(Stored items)
##########

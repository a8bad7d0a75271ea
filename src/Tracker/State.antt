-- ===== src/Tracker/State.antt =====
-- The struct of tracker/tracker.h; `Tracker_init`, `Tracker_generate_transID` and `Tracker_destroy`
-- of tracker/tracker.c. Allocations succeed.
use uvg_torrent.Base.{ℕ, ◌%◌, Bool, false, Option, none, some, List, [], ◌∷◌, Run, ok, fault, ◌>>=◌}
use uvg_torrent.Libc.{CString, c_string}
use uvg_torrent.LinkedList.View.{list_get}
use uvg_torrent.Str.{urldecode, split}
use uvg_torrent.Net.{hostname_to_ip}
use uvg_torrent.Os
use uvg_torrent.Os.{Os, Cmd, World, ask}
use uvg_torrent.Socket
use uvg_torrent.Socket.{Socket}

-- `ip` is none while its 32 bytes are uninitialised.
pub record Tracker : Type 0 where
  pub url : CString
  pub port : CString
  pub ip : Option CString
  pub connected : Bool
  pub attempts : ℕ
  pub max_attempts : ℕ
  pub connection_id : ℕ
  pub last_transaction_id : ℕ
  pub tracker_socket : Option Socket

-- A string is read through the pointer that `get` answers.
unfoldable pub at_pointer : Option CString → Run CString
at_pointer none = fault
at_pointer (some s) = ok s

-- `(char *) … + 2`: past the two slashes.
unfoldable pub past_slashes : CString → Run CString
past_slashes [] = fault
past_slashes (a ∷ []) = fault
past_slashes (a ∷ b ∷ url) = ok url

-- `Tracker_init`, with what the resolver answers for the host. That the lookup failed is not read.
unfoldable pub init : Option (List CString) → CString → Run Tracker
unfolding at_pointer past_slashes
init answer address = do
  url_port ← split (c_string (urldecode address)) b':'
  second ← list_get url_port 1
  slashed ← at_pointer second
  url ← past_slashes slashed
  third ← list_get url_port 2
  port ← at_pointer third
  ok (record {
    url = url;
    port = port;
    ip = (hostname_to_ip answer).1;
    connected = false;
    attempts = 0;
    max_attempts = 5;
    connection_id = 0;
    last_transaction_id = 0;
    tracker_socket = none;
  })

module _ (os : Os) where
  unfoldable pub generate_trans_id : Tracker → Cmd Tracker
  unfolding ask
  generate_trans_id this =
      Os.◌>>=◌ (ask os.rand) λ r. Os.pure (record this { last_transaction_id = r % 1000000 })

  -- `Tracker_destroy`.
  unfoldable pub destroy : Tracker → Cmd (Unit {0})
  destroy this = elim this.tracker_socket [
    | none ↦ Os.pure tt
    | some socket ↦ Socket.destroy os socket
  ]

##########

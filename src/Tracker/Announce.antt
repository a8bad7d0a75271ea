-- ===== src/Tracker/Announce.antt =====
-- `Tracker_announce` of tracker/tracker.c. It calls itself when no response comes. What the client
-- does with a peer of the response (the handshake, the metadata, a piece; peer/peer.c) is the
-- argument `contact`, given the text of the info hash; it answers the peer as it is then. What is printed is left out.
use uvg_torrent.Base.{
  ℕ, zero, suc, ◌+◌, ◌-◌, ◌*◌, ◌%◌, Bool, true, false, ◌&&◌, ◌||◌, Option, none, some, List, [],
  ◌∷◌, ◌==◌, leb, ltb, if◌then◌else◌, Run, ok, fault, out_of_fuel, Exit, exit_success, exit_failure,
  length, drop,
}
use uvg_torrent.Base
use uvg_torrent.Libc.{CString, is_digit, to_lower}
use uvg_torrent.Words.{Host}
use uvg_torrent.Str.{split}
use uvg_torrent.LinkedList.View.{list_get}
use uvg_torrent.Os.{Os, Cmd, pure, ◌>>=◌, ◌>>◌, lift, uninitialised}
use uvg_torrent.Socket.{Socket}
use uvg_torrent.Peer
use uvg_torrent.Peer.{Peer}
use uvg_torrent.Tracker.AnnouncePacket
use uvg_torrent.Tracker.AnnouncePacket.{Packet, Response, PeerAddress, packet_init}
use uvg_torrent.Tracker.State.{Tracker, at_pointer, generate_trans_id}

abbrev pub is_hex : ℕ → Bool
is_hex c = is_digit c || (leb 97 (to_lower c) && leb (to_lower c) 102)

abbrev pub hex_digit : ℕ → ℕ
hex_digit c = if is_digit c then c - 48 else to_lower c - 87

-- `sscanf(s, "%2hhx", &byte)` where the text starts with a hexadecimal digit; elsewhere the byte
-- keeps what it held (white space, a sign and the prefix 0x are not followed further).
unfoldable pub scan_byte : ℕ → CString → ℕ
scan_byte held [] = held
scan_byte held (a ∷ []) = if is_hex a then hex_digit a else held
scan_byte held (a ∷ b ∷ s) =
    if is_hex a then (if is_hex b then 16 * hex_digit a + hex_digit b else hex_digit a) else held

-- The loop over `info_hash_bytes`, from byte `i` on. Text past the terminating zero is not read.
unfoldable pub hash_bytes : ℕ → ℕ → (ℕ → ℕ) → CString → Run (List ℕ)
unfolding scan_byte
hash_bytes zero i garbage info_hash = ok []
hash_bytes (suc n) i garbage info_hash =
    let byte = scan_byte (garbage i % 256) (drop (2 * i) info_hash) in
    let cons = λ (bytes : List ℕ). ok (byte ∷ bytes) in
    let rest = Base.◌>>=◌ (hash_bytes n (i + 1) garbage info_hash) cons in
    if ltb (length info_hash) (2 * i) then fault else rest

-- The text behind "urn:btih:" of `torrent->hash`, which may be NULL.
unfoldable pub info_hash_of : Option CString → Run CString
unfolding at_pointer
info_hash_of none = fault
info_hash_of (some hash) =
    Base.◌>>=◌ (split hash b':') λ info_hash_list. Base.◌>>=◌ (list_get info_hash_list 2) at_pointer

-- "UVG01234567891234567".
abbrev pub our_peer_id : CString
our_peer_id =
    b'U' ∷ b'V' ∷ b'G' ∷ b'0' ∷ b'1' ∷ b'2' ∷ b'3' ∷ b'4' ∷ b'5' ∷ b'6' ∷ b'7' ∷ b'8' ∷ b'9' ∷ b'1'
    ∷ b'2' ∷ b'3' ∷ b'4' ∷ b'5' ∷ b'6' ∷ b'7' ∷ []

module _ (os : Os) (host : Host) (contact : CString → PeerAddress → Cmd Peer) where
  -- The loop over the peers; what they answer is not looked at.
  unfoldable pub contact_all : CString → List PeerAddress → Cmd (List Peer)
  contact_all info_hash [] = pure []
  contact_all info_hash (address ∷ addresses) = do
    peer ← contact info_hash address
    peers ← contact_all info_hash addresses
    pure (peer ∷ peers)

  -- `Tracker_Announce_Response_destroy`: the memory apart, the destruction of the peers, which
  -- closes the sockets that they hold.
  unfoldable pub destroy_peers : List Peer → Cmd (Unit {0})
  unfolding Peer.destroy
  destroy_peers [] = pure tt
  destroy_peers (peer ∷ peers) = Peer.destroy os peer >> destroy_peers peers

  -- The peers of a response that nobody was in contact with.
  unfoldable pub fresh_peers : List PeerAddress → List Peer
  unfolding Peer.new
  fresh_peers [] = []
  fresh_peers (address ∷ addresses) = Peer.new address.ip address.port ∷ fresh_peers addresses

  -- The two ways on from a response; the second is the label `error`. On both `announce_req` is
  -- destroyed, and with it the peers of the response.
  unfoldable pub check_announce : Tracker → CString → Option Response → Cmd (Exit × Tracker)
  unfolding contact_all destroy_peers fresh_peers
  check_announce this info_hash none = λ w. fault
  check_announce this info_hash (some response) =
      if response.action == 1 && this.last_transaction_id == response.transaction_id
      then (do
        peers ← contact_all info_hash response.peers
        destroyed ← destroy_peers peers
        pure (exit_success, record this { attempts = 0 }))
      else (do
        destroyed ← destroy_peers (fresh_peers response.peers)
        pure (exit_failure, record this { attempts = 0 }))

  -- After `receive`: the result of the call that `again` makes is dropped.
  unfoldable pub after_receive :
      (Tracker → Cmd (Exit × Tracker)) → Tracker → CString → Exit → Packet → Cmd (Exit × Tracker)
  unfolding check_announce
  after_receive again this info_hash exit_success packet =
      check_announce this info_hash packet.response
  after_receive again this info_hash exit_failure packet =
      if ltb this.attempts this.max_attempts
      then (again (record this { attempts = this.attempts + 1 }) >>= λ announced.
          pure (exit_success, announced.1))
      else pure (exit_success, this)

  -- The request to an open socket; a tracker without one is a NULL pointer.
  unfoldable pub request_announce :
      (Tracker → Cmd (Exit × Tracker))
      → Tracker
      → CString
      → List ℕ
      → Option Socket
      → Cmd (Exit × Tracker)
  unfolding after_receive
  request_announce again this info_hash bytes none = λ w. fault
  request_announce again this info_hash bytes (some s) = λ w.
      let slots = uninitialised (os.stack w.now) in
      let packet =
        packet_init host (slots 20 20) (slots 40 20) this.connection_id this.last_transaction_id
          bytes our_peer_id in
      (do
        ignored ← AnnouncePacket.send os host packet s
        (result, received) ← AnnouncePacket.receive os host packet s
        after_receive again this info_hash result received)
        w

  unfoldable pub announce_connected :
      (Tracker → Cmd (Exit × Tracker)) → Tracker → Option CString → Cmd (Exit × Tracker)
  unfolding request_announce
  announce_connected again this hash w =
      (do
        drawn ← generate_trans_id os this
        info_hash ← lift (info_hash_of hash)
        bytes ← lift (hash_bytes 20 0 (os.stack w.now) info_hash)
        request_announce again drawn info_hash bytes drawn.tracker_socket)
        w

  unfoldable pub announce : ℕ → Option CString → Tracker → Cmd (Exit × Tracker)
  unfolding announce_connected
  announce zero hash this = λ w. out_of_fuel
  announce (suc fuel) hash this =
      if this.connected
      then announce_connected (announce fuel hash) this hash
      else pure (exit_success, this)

##########

What you should do: Given the records above, reproduce precisely and only the lines between the line holding "check_announce this info_hash (some" and the line holding "then (again (record", inclusive.

Answer space:
  check_announce this info_hash (some response) =
      if response.action == 1 && this.last_transaction_id == response.transaction_id
      then (do
        peers ← contact_all info_hash response.peers
        destroyed ← destroy_peers peers
        pure (exit_success, record this { attempts = 0 }))
      else (do
        destroyed ← destroy_peers (fresh_peers response.peers)
        pure (exit_failure, record this { attempts = 0 }))

  -- After `receive`: the result of the call that `again` makes is dropped.
  unfoldable pub after_receive :
      (Tracker → Cmd (Exit × Tracker)) → Tracker → CString → Exit → Packet → Cmd (Exit × Tracker)
  unfolding check_announce
  after_receive again this info_hash exit_success packet =
      check_announce this info_hash packet.response
  after_receive again this info_hash exit_failure packet =
      if ltb this.attempts this.max_attempts
      then (again (record this { attempts = this.attempts + 1 }) >>= λ announced.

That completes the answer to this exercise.